- PROBLEM DETAILS
Search the listing for the word "none". Copy every line where it is found.

** Opening ENTRIES SUPPLIED block **

-- ===== src/Algorithm/Weaknet/Tests.antt =====
-- Runs of nodes, and the theorems on them at concrete inputs.
use uav.Base.{
  ℕ, List, some, none, arith, ◌≡◌, refl, [], ◌∷◌, ◌++◌, true, false, ltb, string_key, nat_key,
  length,
}
use uav.Base.Map
use uav.Algorithm.Replica.Convergence.{IsMap, newer}
use uav.Algorithm.Weaknet.State.{
  Weaknet, State, PushPull, Packet, send, new, default_config, set_entry, get_entry,
}
use uav.Algorithm.Weaknet.Handlers.{
  critical_packet, retransmit_check, push_pull_packet, send_push_pull, send_critical,
  handle_push_pull, handle_ack, Json, on_message, merge_state, note_peer,
}
use uav.Algorithm.Weaknet.Sync.{pull_of, handle_push_pull-merges, retransmit_check-alive}
use uav.Algorithm.Weaknet.Cluster.{
  Cluster, become, wrote, critical, heard_plain, started, next, Reach, IsPlain, sends_whole_state,
}
use uav.Message.{Message, zero_message, type_control}

abbrev remote : State
remote = ("pos", record { value = 7 ∷ []; version = 2 }) ∷ []

abbrev request : PushPull
request = record { is_reply = false; peer_id = 2; delta = remote; known_ver = 0 }

abbrev node : Weaknet
node = record {
  cfg = default_config;
  state = ("pos", record { value = 5 ∷ []; version = 1 }) ∷ [];
  peers = [];
  pending = [];
  trace = [];
}

-- An ACK names the sequence number that the framework gave the message, 1 here. The buffer is keyed
-- by the clock, so the message stays pending.
ack_run : length (handle_ack 1 (send_critical true 500 2 (9 ∷ []) node).1).pending ≡ 1
unfolding handle_ack send_critical Map.put Map.delete
ack_run = refl

remote-IsMap : IsMap remote
unfolding Map.get
remote-IsMap = (refl, record {})

handle_push_pull-merges_example :
    (get_entry "pos" (handle_push_pull 1 50 7 2 request node)
      ≡ newer (get_entry "pos" node) (Map.get "pos" remote))
    × ((handle_push_pull 1 50 7 2 request node).trace
        ≡ send 2
            (push_pull_packet 7 (pull_of 1 2 true (note_peer 50 2 0 (merge_state remote node).1)))
          ∷ [])
handle_push_pull-merges_example = handle_push_pull-merges 1 50 7 2 request node remote-IsMap "pos"

-- One critical message whose deadline has passed, and one that is still due.
abbrev critical_node : Weaknet
critical_node = record node {
  pending =
      (5, record { packet = critical_packet 100 (9 ∷ []); peer_id = 2; deadline = 600_000_000 })
      ∷ (6, record { packet = critical_packet 300 (8 ∷ []); peer_id = 3; deadline = 800_000_000 })
      ∷ [];
}

retransmit_check-alive_example :
    let again : Packet = record (critical_packet 300 (8 ∷ [])) { timestamp = 700 } in
    ((retransmit_check 700_000_000 critical_node).pending
      ≡ (6, record { packet = again; peer_id = 3; deadline = 800_000_000 }) ∷ [])
    × ((retransmit_check 700_000_000 critical_node).trace ≡ send 3 again ∷ [])
unfolding Map.retain
retransmit_check-alive_example = retransmit_check-alive 700_000_000 critical_node

abbrev began : Cluster
began i = new default_config

abbrev written : Cluster
written = become 1 (set_entry "pos" (5 ∷ []) (began 1)) began

-- A json that reads every payload as an ACK.
abbrev acking : Json
acking = record { kind_of = λ p. some 2; push_pull_of = λ p. none; ack_of = λ p. some 5 }

acking-IsPlain : (payload : List ℕ) → IsPlain acking payload
acking-IsPlain payload kind e = ground (arith, e)

abbrev alarmed : Cluster
alarmed = become 1 (send_critical true 500 2 (9 ∷ []) (written 1)).1 written

-- Node 2 gets the critical message.
abbrev alarm : Message
alarm = record zero_message { mtype = type_control; from = 1; to = 2; payload = 9 ∷ [] }

abbrev told : Cluster
told = become 2 (on_message acking 2 600 7 alarm (alarmed 2)) alarmed

told-Reach : Reach acking (λ i. default_config) told
told-Reach =
    next
      (next (next started (wrote 1 "pos" (5 ∷ [])))
        (critical 1 true 500 2 (9 ∷ []) (acking-IsPlain (9 ∷ []))))
      (heard_plain 2 600 7 alarm (acking-IsPlain (9 ∷ [])))

sends_whole_state_example :
    (send_push_pull 1 7 2 false (told 1)).trace
    ≡ (told 1).trace
      ++ send 2 (
          push_pull_packet 7 (record {
            is_reply = false;
            peer_id = 1;
            delta = Map.retain (λ key e. ltb 0 e.version) (told 1).state;
            known_ver = 0;
          }))
        ∷ []
sends_whole_state_example = sends_whole_state {cfg = λ i. default_config} told-Reach 1 7 2 false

** Closing ENTRIES SUPPLIED block **

- SOLUTION FOR THIS TASK
  ℕ, List, some, none, arith, ◌≡◌, refl, [], ◌∷◌, ◌++◌, true, false, ltb, string_key, nat_key,
acking = record { kind_of = λ p. some 2; push_pull_of = λ p. none; ack_of = λ p. some 5 }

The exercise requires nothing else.